Hospitality's acute shortage of workers made headlines again this week after one minister told operators to up their game on pay and conditions. While bosses told media they can’t find workers no matter what they offer, the media couldn't seem to find any workers for their coverage - or useful facts for the audience about what’s on offer.
“When we couldn’t use foreign labour, all of a sudden we realised we've been insufficiently investing in Kiwi talent for a long time,” economist Cameron Bagrie told the Sunday Star Times last weekend under the headline ‘Is Aotearoa Broken?’
Labour shortages are certainly a real problem in a range of industries right now - especially hospitality, which has been hard hit by the pandemic.
Previously the industry’s representatives made headlines urging the government to drop Covid-19 alert levels and pushing for borders to open.
At the time, hospitality workers’ warnings that staff would find it hard to stay healthy after ‘opening up’ - and that they might even walk away from the industry altogether - were mostly unreported.
But that is now playing out.
Under the headline Winter illness brings hospo 'to its knees' Restaurant Association chief executive Marisa Bidois told Stuff last week its members faced workforce shortages across the board.
Then Immigration Minister Michael Wood said businesses offering low-wage jobs with insecure conditions should work harder to become more attractive places to work.
The reaction from hospitality bosses was immediate - and widely reported.
Lou McDowell of Flame Bar and Grill in Queenstown told RNZ’s Checkpoint it paid $27 per hour for entry-level service roles and she had been spending about $2000 a month on Seek to find staff.
“You could offer someone $50 an hour and they're still not going to turn up for a job interview because there's no one to turn up," she said.
Having heard that, hospitality workers group Raise the Bar pointed to Seek ads for Flame roles offering wages for more senior staff that were barely any better, such as a duty manager with two years' experience for $27 an hour.

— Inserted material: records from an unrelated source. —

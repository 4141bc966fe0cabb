-- ===== src/Examples.antt =====
-- The theorems at work on concrete inputs.
pub mod Ciphers
pub mod Samples
pub mod Boxes
pub mod Requests
pub mod Streams
pub mod Sessions
pub mod Forwarding
pub mod Tokens
pub mod Guarding
pub mod Links
pub mod Skipping
pub mod Playlists
pub mod Routing
pub mod Downloads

Two other restaurant owners told Checkpoint they paid their staff well and took care not to overwork them.
The same day Matt McLaughlin - who owns three bars in Wellington and is the regional representative for Hospitality NZ - told The AM Show that before Covid-19 more than 50 per cent of his workers were foreigners without New Zealand residency.
But wages were now going up, he said, while also insisting fun and flexibility were things workers valued too.
Meanwhile on Newstalk ZB, Wellington Mornings host Nick Mills, who also owns bars in Wellington, accused critics of “gaslighting” hospitality.
He also claimed wages were rising fast, but only in recent times.
“It might have taken Covid to shake it up. And it might have taken a scare of not being able to find staff to shake it up. But I now see staff getting very well rewarded for doing a day's job," he said.
“I don't think has anyone employed by us - and I could be wrong and you can call me if I'm wrong - but I don't think there's anyone under $25 an hour - and it goes up from there,” he told ZB listeners.
It would have been great if someone on the payroll had called in because again - in over an hour of radio devoted to the issue - we didn’t hear from anyone actually employed in hospitality.
While hospitality bosses gave anecdotal accounts of rising wages to the media, workers were absent in almost every news story.
But industry-wide rates and trends are readily available in the Restaurant Association's remuneration survey.
The summary in this year’s one shows wages up 8.2 percent on average across all roles, following a 6 percent rise in 2020-2021. The rates paid for specialist roles rose by more than that.
But the average hourly rate is listed as $24.43 - less than three dollars above the minimum wage.
The report noted huge cost pressures and low profit margins made wage rises hard to pay right now. And revealing comments from operators said they wanted to reward staff but they couldn’t because Covid-19 restrictions had hammered their profitability and productivity.
But the same survey also had a message similar to the one the immigration minister had delivered.
“We desperately need more people entering the industry (as well as retaining those already working with us). This means focusing on some long-term changes that tackle the perception challenges of the industry and highlight our workplaces as the type of businesses that people want to work in.”
- 2022 Hospitality Industry Remuneration Survey
In April an AUT report called Voices From The Front Line also concluded “long-standing but steadily worsening labour market problems” in the sector had accompanied its “rapid growth and economic success”.
Media highlighting hospitality’s acute recruitment problems didn’t ask whether the industry did enough then to make itself a better option for the workers it can’t find now - while waiting for the immigration tap to turn back on.